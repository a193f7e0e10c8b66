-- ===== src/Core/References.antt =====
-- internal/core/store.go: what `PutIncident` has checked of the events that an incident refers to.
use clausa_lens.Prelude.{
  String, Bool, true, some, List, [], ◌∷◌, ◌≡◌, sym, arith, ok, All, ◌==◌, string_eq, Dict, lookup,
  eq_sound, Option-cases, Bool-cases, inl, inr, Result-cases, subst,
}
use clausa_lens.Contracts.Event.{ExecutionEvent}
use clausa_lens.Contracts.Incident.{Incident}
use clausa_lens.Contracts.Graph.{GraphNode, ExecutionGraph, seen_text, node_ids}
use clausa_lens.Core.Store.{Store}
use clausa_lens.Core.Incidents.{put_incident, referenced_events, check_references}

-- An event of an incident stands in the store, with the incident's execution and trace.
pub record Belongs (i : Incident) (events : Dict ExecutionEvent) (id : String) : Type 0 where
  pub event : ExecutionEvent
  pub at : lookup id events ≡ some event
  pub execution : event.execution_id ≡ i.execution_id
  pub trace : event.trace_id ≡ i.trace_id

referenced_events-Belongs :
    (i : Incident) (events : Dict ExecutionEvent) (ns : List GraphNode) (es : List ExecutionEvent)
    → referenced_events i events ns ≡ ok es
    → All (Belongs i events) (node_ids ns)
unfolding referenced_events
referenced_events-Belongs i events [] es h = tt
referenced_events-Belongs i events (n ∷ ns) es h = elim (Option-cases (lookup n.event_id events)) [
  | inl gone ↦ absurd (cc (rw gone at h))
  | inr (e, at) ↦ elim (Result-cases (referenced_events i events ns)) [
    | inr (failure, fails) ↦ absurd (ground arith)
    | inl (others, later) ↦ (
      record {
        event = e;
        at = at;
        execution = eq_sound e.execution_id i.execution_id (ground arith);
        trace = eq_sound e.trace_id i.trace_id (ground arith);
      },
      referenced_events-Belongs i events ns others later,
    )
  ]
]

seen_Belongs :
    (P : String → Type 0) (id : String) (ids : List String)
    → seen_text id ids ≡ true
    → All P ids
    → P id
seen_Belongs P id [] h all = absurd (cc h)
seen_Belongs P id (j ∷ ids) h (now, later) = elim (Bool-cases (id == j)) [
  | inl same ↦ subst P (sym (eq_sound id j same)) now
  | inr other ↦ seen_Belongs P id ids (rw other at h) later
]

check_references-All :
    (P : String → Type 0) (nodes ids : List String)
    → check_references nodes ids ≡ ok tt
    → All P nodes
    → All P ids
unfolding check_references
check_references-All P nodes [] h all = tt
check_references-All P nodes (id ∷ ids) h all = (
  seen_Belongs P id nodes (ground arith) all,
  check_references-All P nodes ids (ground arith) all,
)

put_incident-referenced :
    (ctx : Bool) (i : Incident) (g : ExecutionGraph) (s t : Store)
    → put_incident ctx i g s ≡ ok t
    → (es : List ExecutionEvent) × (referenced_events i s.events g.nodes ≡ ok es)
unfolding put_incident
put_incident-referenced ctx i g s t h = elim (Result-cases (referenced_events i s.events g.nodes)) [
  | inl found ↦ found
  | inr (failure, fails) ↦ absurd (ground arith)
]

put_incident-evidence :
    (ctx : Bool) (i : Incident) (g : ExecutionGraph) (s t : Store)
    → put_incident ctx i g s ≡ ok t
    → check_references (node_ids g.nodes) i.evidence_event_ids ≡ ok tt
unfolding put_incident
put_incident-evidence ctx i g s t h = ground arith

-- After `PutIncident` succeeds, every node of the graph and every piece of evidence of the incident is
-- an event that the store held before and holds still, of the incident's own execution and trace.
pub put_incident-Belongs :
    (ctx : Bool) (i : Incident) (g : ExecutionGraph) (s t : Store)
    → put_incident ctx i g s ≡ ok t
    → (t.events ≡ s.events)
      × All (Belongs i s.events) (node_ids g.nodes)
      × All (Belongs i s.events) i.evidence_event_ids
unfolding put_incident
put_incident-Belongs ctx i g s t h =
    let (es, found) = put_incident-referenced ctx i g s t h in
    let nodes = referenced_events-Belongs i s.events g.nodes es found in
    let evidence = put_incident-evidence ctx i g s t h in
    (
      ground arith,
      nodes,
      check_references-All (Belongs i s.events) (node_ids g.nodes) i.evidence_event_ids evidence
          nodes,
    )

........

Every entry should be reproduced word for word.

Result of the task
repository a193f7e0e10c8b66
-- ===== src/Core/References.antt =====
-- internal/core/store.go: what `PutIncident` has checked of the events that an incident refers to.
use clausa_lens.Prelude.{
  String, Bool, true, some, List, [], ◌∷◌, ◌≡◌, sym, arith, ok, All, ◌==◌, string_eq, Dict, lookup,
  eq_sound, Option-cases, Bool-cases, inl, inr, Result-cases, subst,
}
use clausa_lens.Contracts.Event.{ExecutionEvent}
use clausa_lens.Contracts.Incident.{Incident}
use clausa_lens.Contracts.Graph.{GraphNode, ExecutionGraph, seen_text, node_ids}
use clausa_lens.Core.Store.{Store}
use clausa_lens.Core.Incidents.{put_incident, referenced_events, check_references}

-- An event of an incident stands in the store, with the incident's execution and trace.
pub record Belongs (i : Incident) (events : Dict ExecutionEvent) (id : String) : Type 0 where
  pub event : ExecutionEvent
  pub at : lookup id events ≡ some event
  pub execution : event.execution_id ≡ i.execution_id
  pub trace : event.trace_id ≡ i.trace_id

referenced_events-Belongs :
    (i : Incident) (events : Dict ExecutionEvent) (ns : List GraphNode) (es : List ExecutionEvent)
    → referenced_events i events ns ≡ ok es
    → All (Belongs i events) (node_ids ns)
unfolding referenced_events
referenced_events-Belongs i events [] es h = tt
referenced_events-Belongs i events (n ∷ ns) es h = elim (Option-cases (lookup n.event_id events)) [
  | inl gone ↦ absurd (cc (rw gone at h))
  | inr (e, at) ↦ elim (Result-cases (referenced_events i events ns)) [
    | inr (failure, fails) ↦ absurd (ground arith)
    | inl (others, later) ↦ (
      record {
        event = e;
        at = at;
        execution = eq_sound e.execution_id i.execution_id (ground arith);
        trace = eq_sound e.trace_id i.trace_id (ground arith);
      },
      referenced_events-Belongs i events ns others later,
    )
  ]
]

seen_Belongs :
    (P : String → Type 0) (id : String) (ids : List String)
    → seen_text id ids ≡ true
    → All P ids
    → P id
seen_Belongs P id [] h all = absurd (cc h)
seen_Belongs P id (j ∷ ids) h (now, later) = elim (Bool-cases (id == j)) [
  | inl same ↦ subst P (sym (eq_sound id j same)) now
  | inr other ↦ seen_Belongs P id ids (rw other at h) later
]

check_references-All :
    (P : String → Type 0) (nodes ids : List String)
    → check_references nodes ids ≡ ok tt
    → All P nodes
    → All P ids
unfolding check_references
check_references-All P nodes [] h all = tt
check_references-All P nodes (id ∷ ids) h all = (
  seen_Belongs P id nodes (ground arith) all,
  check_references-All P nodes ids (ground arith) all,
)

put_incident-referenced :
    (ctx : Bool) (i : Incident) (g : ExecutionGraph) (s t : Store)
    → put_incident ctx i g s ≡ ok t
    → (es : List ExecutionEvent) × (referenced_events i s.events g.nodes ≡ ok es)
unfolding put_incident
put_incident-referenced ctx i g s t h = elim (Result-cases (referenced_events i s.events g.nodes)) [
  | inl found ↦ found
  | inr (failure, fails) ↦ absurd (ground arith)
]

put_incident-evidence :
    (ctx : Bool) (i : Incident) (g : ExecutionGraph) (s t : Store)
    → put_incident ctx i g s ≡ ok t
    → check_references (node_ids g.nodes) i.evidence_event_ids ≡ ok tt
unfolding put_incident
put_incident-evidence ctx i g s t h = ground arith

-- After `PutIncident` succeeds, every node of the graph and every piece of evidence of the incident is
-- an event that the store held before and holds still, of the incident's own execution and trace.
pub put_incident-Belongs :
    (ctx : Bool) (i : Incident) (g : ExecutionGraph) (s t : Store)
    → put_incident ctx i g s ≡ ok t
    → (t.events ≡ s.events)
      × All (Belongs i s.events) (node_ids g.nodes)
      × All (Belongs i s.events) i.evidence_event_ids
unfolding put_incident
put_incident-Belongs ctx i g s t h =
    let (es, found) = put_incident-referenced ctx i g s t h in
    let nodes = referenced_events-Belongs i s.events g.nodes es found in
    let evidence = put_incident-evidence ctx i g s t h in
    (
      ground arith,
      nodes,
      check_references-All (Belongs i s.events) (node_ids g.nodes) i.evidence_event_ids evidence
          nodes,
    )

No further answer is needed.